When my babe started having full-body rashes that became flesh-eating it became my main focus to get him better. Day in and day out I stared at his skin, looking for any bits of improvement but mostly seeing signs of further deterioration. I was obsessed with the situation; obsessed with finding a cure for him, a method to make him better.
This full year that my precious newborn suffered became a year of complete stress for me. Doctors told me that stress hormones were getting into my breastmilk and entering into his body causing his skin condition (thankfully I learned this was not the truth). They indicated that if my stress could get under control that his condition would heal. What a thought to wrap your mind around- when the thing that is causing you stress is actually caused by stress!

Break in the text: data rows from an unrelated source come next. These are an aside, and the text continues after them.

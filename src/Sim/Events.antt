-- ===== src/Sim/Events.antt =====
-- src/plug.c and src/pmd.c under PLATFORM_SIMULATION: modules that come and go between the passes.
use ops_pmd.Base.{
  ℕ, ◌≡◌, ◌∙◌, refl, ap, subst, ◌&&◌, ◌==◌, length, get_or, codes, Option, none, some, List, [],
  ◌∷◌, map, CString, All, str_eq, modify_first, find, Option-cases, Bool-cases, inl, inr,
}
use ops_pmd.Port.{PmPort}
use ops_pmd.Detect.{module_type}
use ops_pmd.Platform.{Platform}
use ops_pmd.Plug.Scan.{IsTyped, IsSettled, IsTyped-device}
use ops_pmd.Sim.{
  Files, Ports, put_module, read_page, pmd_sim_insert, pmd_sim_remove, pmd_unixctl_sim,
}
use ops_pmd.Sim.Scan.{Became, AllBecame, sim_read_state-AllBecame, sim_read_module_state-settled}
use ops_pmd.Sim.Loop.{Event, scan, command, sim_read_state, run_events}

-- All that the ports show, whichever modules are in them.
abbrev pub shown : Ports → Ports
shown = map (λ n. (n.0, put_module none n.1))

-- What every exchange of a module keeps, a command keeps.
module _ {κ} (Q : Ports → Type κ)
    (kept : (k : CString) (page : Option (List ℕ)) (m : Ports)
      → Q m
      → Q (modify_first k (put_module page) m)) where
  pmd_sim_insert-kept :
      (fopen : Files) (name file : CString) (ports : Ports)
      → Q ports
      → Q (pmd_sim_insert fopen name file ports).2
  unfolding pmd_sim_insert
  pmd_sim_insert-kept fopen name file ports h = elim (Option-cases (find name ports)) [
    | inl e ↦ rw (e, pmd_sim_insert) h
    | inr (p, e) ↦ elim (Option-cases (fopen file)) [
      | inl o ↦ rw (e, pmd_sim_insert, o) (kept name none ports h)
      | inr (bytes, o) ↦ elim (Option-cases (read_page bytes)) [
        | inl r ↦ rw (e, pmd_sim_insert, o, r) (kept name none ports h)
        | inr (page, r) ↦
            rw (e, pmd_sim_insert, o, r) (kept name (some page) _ (kept name none ports h))
      ]
    ]
  ]

  pmd_sim_remove-kept : (name : CString) (ports : Ports) → Q ports → Q (pmd_sim_remove name ports).2
  unfolding pmd_sim_remove
  pmd_sim_remove-kept name ports h = elim (Option-cases (find name ports)) [
    | inl e ↦ rw (e, pmd_sim_remove) h
    | inr (p, e) ↦ elim (Option-cases p.module_data) [
      | inl m ↦ rw (e, pmd_sim_remove, m) h
      | inr (page, m) ↦ rw (e, pmd_sim_remove, m) (kept name none ports h)
    ]
  ]

  pmd_unixctl_sim-kept :
      (fopen : Files) (argv : List CString) (ports : Ports)
      → Q ports
      → Q (pmd_unixctl_sim fopen argv ports).1
  unfolding pmd_unixctl_sim
  pmd_unixctl_sim-kept fopen argv ports h =
      let name = get_or argv 1 (codes "") in
      let verb = get_or argv 2 (codes "") in
      elim (Bool-cases ((length argv == 4) && str_eq (codes "insert") verb)) [
        | inl e ↦
            rw (e, pmd_unixctl_sim)
              (pmd_sim_insert-kept fopen name (get_or argv 3 (codes "")) ports h)
        | inr e ↦ elim (Bool-cases ((length argv == 3) && str_eq (codes "remove") verb)) [
          | inl r ↦ rw (e, pmd_unixctl_sim, r) (pmd_sim_remove-kept name ports h)
          | inr r ↦ rw (e, pmd_unixctl_sim, r) h
        ]
      ]

-- An exchange changes nothing that a port shows.
shown-modify_first :
    (k : CString) (page : Option (List ℕ)) (m : Ports)
    → shown (modify_first k (put_module page) m) ≡ shown m
unfolding modify_first
shown-modify_first k page [] = refl
shown-modify_first k page ((name, p) ∷ m) = elim (Bool-cases (str_eq name k)) [
  | inl e ↦ rw (e, modify_first)
  | inr e ↦
      rw (e, modify_first) (ap (λ r. (name, put_module none p) ∷ r) (shown-modify_first k page m))
]

-- Ports that a pass leaves as they are: pluggable ports of known types that have been read.
abbrev IsDone : PmPort → Type 0
IsDone p = IsTyped p × IsSettled p

modify_first-IsDone :
    (k : CString) (page : Option (List ℕ)) (m : Ports)
    → All (λ n. IsDone n.1) m
    → All (λ n. IsDone n.1) (modify_first k (put_module page) m)
unfolding modify_first module_type
modify_first-IsDone k page [] h = h
modify_first-IsDone k page ((name, p) ∷ m) h = elim (Bool-cases (str_eq name k)) [
  | inl e ↦ rw (e, modify_first) h
  | inr e ↦ rw (e, modify_first) (h.0, modify_first-IsDone k page m h.1)
]

no_result : {o : Option Ports} {m : Ports} → o ≡ none → o ≡ some m → ⊥
no_result a b = cc

some_same : {o : Option Ports} {m n : Ports} → o ≡ some m → o ≡ some n → m ≡ n
some_same a b = cc

module _ (P : Platform) where
  sim_read_state-same :
      (ports : Ports) → All (λ n. IsDone n.1) ports → sim_read_state P ports ≡ some ports
  unfolding sim_read_state
  sim_read_state-same [] h = refl
  sim_read_state-same ((name, p) ∷ ports) h =
      let ((plug, t, e), settled) = h.0 in
      rw (
        sim_read_module_state-settled P p t e settled,
        sim_read_state,
        sim_read_state-same ports h.1,
      )

  run_events-shown :
      (es : List Event) (ports : Ports)
      → All (λ n. IsDone n.1) ports
      → (after : Ports) × (run_events P es ports ≡ some after) × (shown after ≡ shown ports)
  unfolding run_events
  run_events-shown [] ports h = (ports, refl, refl)
  run_events-shown (scan ∷ es) ports h =
      rw (sim_read_state-same ports h, run_events) (run_events-shown es ports h)
  run_events-shown (command fopen argv ∷ es) ports h =
      let kept =
        pmd_unixctl_sim-kept (λ m. All (λ n. IsDone n.1) m) modify_first-IsDone fopen argv ports
          h in
      let same =
        pmd_unixctl_sim-kept (λ m. shown m ≡ shown ports)
          (λ k page m e. shown-modify_first k page m ∙ e) fopen argv ports refl in
      let (after, ran, e) = run_events-shown es (pmd_unixctl_sim fopen argv ports).1 kept in
      (after, ran, e ∙ same)

  Became-IsTyped : (p q : PmPort) → IsTyped p → Became P p q → IsTyped q
  Became-IsTyped p q h (inl (s, same)) = rw same h
  Became-IsTyped p q h (inr (page, u, m, r)) =
      IsTyped-device p q (ap (λ x. x.module_device) r.same) h

  AllBecame-IsDone :
      (ports after : Ports)
      → All (λ n. IsTyped n.1) ports
      → AllBecame P ports after
      → All (λ n. IsSettled n.1) after
      → All (λ n. IsDone n.1) after
  AllBecame-IsDone [] [] h b s = tt
  AllBecame-IsDone [] (n ∷ ns) h b s = absurd b
  AllBecame-IsDone (m ∷ ms) [] h b s = absurd b
  AllBecame-IsDone (m ∷ ms) (n ∷ ns) h b s =
      ((Became-IsTyped m.1 n.1 h.0 b.0.1, s.0), AllBecame-IsDone ms ns h.1 b.1 s.1)

  -- Behind a pass over pluggable ports of known types that does not end the daemon no module is read
  -- again: whatever passes and commands follow, and whichever modules they insert and remove, none of
  -- the passes ends the daemon, and the ports show what they showed behind the first.
  pub run_events-shown_after :
      (ports first : Ports) (es : List Event)
      → All (λ n. IsTyped n.1) ports
      → sim_read_state P ports ≡ some first
      → (after : Ports) × (run_events P es first ≡ some after) × (shown after ≡ shown first)
  run_events-shown_after ports first es h e = elim (sim_read_state-AllBecame P ports h) [
    | inl (crash, stuck) ↦ absurd (no_result crash e)
    | inr (read, step, became, settled, free) ↦
        let same : read ≡ first = some_same step e in
        run_events-shown es first
          (subst (λ m. All (λ n. IsDone n.1) m) same (AllBecame-IsDone ports read h became settled))
  ]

So, in the worldly doctors’ view if I wasn’t stressed, my baby wouldn’t be sick. But, the sickness of my baby was causing my stress. What was I supposed to do to get rid of the stress? Get rid of the baby? Ummm I think NOT!
Thankfully I eventually learned that this concept of stress was not the reason as to why the baby was sick- he had rare food allergies. However, during this time when I was so focused on getting my son’s skin to heal, my husband once told me, “What do I have to do to get you to stop staring at his skin? Put some mud over your eyes?”
You see, I was walking by sight and not by faith when I should have been waking by faith and not by sight- and my husband knew it.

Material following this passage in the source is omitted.